** Task goal **
Each line in the records below, from the one that contains "abs = λ path. some path;" to the one that contains "discover_run : discover", should be reproduced exactly, the first and last included.

** Data **
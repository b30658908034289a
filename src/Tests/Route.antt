-- ===== src/Tests/Route.antt =====
-- internal/versionroute on a machine with one backend.
use sql_ai_tools.Text.Decimal.{atoi, itoa}
use sql_ai_tools.Prelude.{
  ◌≡◌, refl, Bool, true, false, List, [], ◌∷◌, ◌++◌, none, some, Bytes, codes, arith, drop,
}
use sql_ai_tools.Prelude.Int.{pos}
use sql_ai_tools.Text.{bytes_eq, has_prefix, split, trim_prefix, is_space, trim_suffix, trim_space}
use sql_ai_tools.Route.Quarter.{
  Quarter, zero_quarter, is_zero, string, backend_name, parse_tag, parse_from_target,
  parse_fork_version,
}
use sql_ai_tools.Route.Quarter.Validity.{IsValid}
use sql_ai_tools.Route.Quarter.RoundTrip.{parse_from_target-string}
use sql_ai_tools.Route.Args.{extract_target_version}
use sql_ai_tools.Route.Built.{Process, built}
use sql_ai_tools.Route.Discover.{
  Host, Backend, find_backend, discovered, discover, search_dirs, add_candidate, quarter_less,
}
use sql_ai_tools.Route.Discover.Distinct.{FoundInv, discovered-FoundInv}
use sql_ai_tools.Route.Reexec.{maybe_reexec, replaced}
use sql_ai_tools.Route.Reexec.Routing.{Decided, routed_exactly}

abbrev autumn : Quarter
autumn = record { year = pos 25; q = pos 4 }

abbrev autumn_valid : IsValid autumn
autumn_valid = record { y = 24; k = 3; year_eq = refl; q_eq = refl; ordinal = omega arith }

fork_release : parse_fork_version (codes "v0.25.4-crdb.1") ≡ some autumn
unfolding parse_fork_version split trim_prefix has_prefix atoi
fork_release = refl

loose_tag : parse_tag (codes "v+254") ≡ some autumn
unfolding parse_tag trim_prefix has_prefix atoi
loose_tag = refl

parse_from_target-string_example :
    (parse_from_target (string autumn) ≡ some autumn)
    × (parse_from_target (b'v' ∷ string autumn) ≡ some autumn)
    × (parse_from_target (string autumn ++ (b'.' ∷ codes "3")) ≡ some autumn)
    × (parse_from_target (b'v' ∷ (string autumn ++ (b'.' ∷ codes "3"))) ≡ some autumn)
unfolding is_space
parse_from_target-string_example =
    parse_from_target-string autumn autumn_valid (codes "3") (omega arith) (refl, tt)

abbrev program : Bytes
program = codes "crdb-sql"

-- One directory with the backend of 25.4, listed twice on the search path.
abbrev host : Host
host = record {
  self_dir = some (codes "/b");
  self_path = some (codes "/b/crdb-sql");
  path_list = codes "/b" ∷ [] ∷ [];
  read_dir = λ dir. some (record { name = codes "crdb-sql-v254"; is_dir = false } ∷ []);
  join = λ dir name. dir ++ b'/' ∷ name;
  abs = λ path. some path;
  base = λ path. drop 3 path;
  exec_suffix = [];
  is_executable = λ path. bytes_eq path (codes "/b/crdb-sql-v254");
}

abbrev listed : Backend
listed = record { quarter = autumn; path = codes "/b/crdb-sql-v254"; is_self = false }

abbrev running : Backend
running = record { quarter = zero_quarter; path = codes "/b/crdb-sql"; is_self = true }

discover_run : discover host none ≡ running ∷ listed ∷ []
unfolding discover bytes_eq search_dirs has_prefix add_candidate trim_suffix parse_tag trim_prefix
    atoi quarter_less is_zero
discover_run = refl

discovered-FoundInv_example : FoundInv host (discovered host none)
discovered-FoundInv_example = discovered-FoundInv host none

-- The router runs under its plain name; a backend runs under the name of its quarter.
abbrev router : Process
router = record { executable_base = some (codes "crdb-sql"); stamp = []; build_info = none }

abbrev backend : Process
backend = record { executable_base = some (backend_name autumn); stamp = []; build_info = none }

abbrev call : List Bytes
call = program ∷ codes "--target-version" ∷ codes "25.4.1" ∷ []

abbrev starts : Bytes → Bool
starts path = true

routed_exactly_example :
    Decided starts host autumn (built router) (maybe_reexec starts host router call).1
unfolding extract_target_version parse_from_target bytes_eq split trim_prefix has_prefix trim_space
    atoi
routed_exactly_example = routed_exactly starts host router call (codes "25.4.1") autumn refl refl

router_runs_backend : (maybe_reexec starts host router call).1 ≡ replaced (codes "/b/crdb-sql-v254")
unfolding maybe_reexec extract_target_version bytes_eq parse_from_target split trim_prefix
    has_prefix trim_space atoi built trim_suffix find_backend backend_name itoa
router_runs_backend = refl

** Solution below **
  abs = λ path. some path;
  base = λ path. drop 3 path;
  exec_suffix = [];
  is_executable = λ path. bytes_eq path (codes "/b/crdb-sql-v254");
}

abbrev listed : Backend
listed = record { quarter = autumn; path = codes "/b/crdb-sql-v254"; is_self = false }

abbrev running : Backend
running = record { quarter = zero_quarter; path = codes "/b/crdb-sql"; is_self = true }

discover_run : discover host none ≡ running ∷ listed ∷ []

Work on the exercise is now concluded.